▶ **YOUR OBJECTIVE**
Where the word "other" shows up in the entries below, please copy the whole line.
===== THE RECORDS =====
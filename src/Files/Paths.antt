-- ===== src/Files/Paths.antt =====
-- The path of an S3 object taken apart: `parse_s3_path`.
use Prim.Native.Char.{code}
use Prim.Native.String.{String, ◌++◌ as ◌<>◌}
use text.Mathlib.TextEquality.{Char-path}
use text.Mathlib.TextLemmas.{nil-append, cons-append}
use zkm_prover.Base.{
  ◌≡◌, refl, ap, ap₂, ◌∙◌, some_injective, ◌==◌, Option-cases, sym, ◌↔◌, Bool, true, ◌&&◌, not,
  Option, some, arith, ==_iff, Bool-cases, inl, inr,
}
use zkm_prover.Platform.{ok, unwrap, >>=-eq-ok, unwrap-eq-ok, unwrap_none}
use zkm_prover.Files.{strip_prefix, split_once, is_slash, parse_s3_path, object_path}

-- No character is a slash.
unfoldable pub has_no_slash : String → Bool
has_no_slash String.[] = true
has_no_slash (String.◌∷◌ c s) = not (is_slash (code c)) && has_no_slash s

strip_prefix-append : (p s : String) → strip_prefix p (p <> s) ≡ some s
unfolding strip_prefix
strip_prefix-append String.[] s = rw (nil-append s)
strip_prefix-append (String.◌∷◌ c p) s =
    rw (cons-append c p s) (ground (arith, strip_prefix-append p s))

strip_prefix_sound : (p t : String) {s : String} → strip_prefix p t ≡ some s → t ≡ p <> s
unfolding strip_prefix
strip_prefix_sound String.[] t {s} h = some_injective h ∙ sym (nil-append s)
strip_prefix_sound (String.◌∷◌ c p) String.[] h = cc
strip_prefix_sound (String.◌∷◌ c p) (String.◌∷◌ d t) {s} h = elim (Bool-cases (code c == code d)) [
  | inl same ↦ rw (cons-append c p s) (
      ap₂ String.◌∷◌ (sym (Char-path c d ((==_iff _ _).0 same)))
        (strip_prefix_sound p t (rw same at h)))
  | inr other ↦ cc (rw other at h)
]

split_once-slash : (b : String) → split_once ("/" <> b) ≡ some ("", b)
unfolding split_once
split_once-slash b = rw (cons-append "/" "" b, nil-append b)

split_once-append :
    (a b : String) → has_no_slash a ≡ true → split_once (a <> ("/" <> b)) ≡ some (a, b)
unfolding split_once has_no_slash
split_once-append String.[] b h = rw (nil-append ("/" <> b)) (split_once-slash b)
split_once-append (String.◌∷◌ c a) b h =
    rw (cons-append c a ("/" <> b)) (ground (arith, split_once-append a b))

both_halves :
    {a b x y : String}
    → ◌≡◌ {A = Option (String × String)} (some (x, y)) (some (a, b))
    → (x ≡ a) × (y ≡ b)
both_halves h = (cc, cc)

split_once_sound :
    (t : String) {a b : String}
    → split_once t ≡ some (a, b)
    → (t ≡ a <> ("/" <> b)) × (has_no_slash a ≡ true)
unfolding split_once has_no_slash
split_once_sound String.[] h = cc
split_once_sound (String.◌∷◌ c t) {a} {b} h = elim (Bool-cases (is_slash (code c))) [
  | inl slash ↦
      let (front, back) = both_halves (rw slash at h) in
      rw (← front, ← back, nil-append, cons-append "/" "" t, nil-append)
        (ap (λ d. String.◌∷◌ d t) (Char-path c "/" ((==_iff _ _).0 slash)), refl)
  | inr other ↦ elim (Option-cases (split_once t)) [
    | inl missing ↦ cc (rw (other, missing) at h)
    | inr ((x, y), found) ↦
        let (front, back) = both_halves (rw (other, found) at h) in
        let (whole, clear) = split_once_sound t found in
        rw (← front, ← back, other, cons-append c x ("/" <> y)) (ap (String.◌∷◌ c) whole, clear)
  ]
]

-- parse_s3_path gives a bucket and a key exactly where the path is the one that they make and the
-- bucket has no slash.
pub parse_s3_path_iff :
    (path bucket key : String)
    → (parse_s3_path path ≡ ok (bucket, key))
      ↔ ((path ≡ object_path bucket key) × (has_no_slash bucket ≡ true))
unfolding parse_s3_path
parse_s3_path_iff path bucket key = (
  λ h.
      let (rest, stripped, halves) =
        >>=-eq-ok (unwrap (strip_prefix "s3://" path) unwrap_none) _ h in
      let (whole, clear) = split_once_sound rest (unwrap-eq-ok (split_once rest) _ halves) in
      (
        strip_prefix_sound "s3://" path (unwrap-eq-ok (strip_prefix "s3://" path) _ stripped)
            ∙ ap (λ r. "s3://" <> r) whole,
        clear,
      ),
  λ h.
      rw (
        h.0,
        strip_prefix-append "s3://" (bucket <> ("/" <> key)),
        split_once-append bucket key h.1,
      ),
)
=====
▶ **ANSWER TO THE PROBLEM**
  | inr other ↦ cc (rw other at h)
  | inr other ↦ elim (Option-cases (split_once t)) [
    | inl missing ↦ cc (rw (other, missing) at h)
        let (front, back) = both_halves (rw (other, found) at h) in
        rw (← front, ← back, other, cons-append c x ("/" <> y)) (ap (String.◌∷◌ c) whole, clear)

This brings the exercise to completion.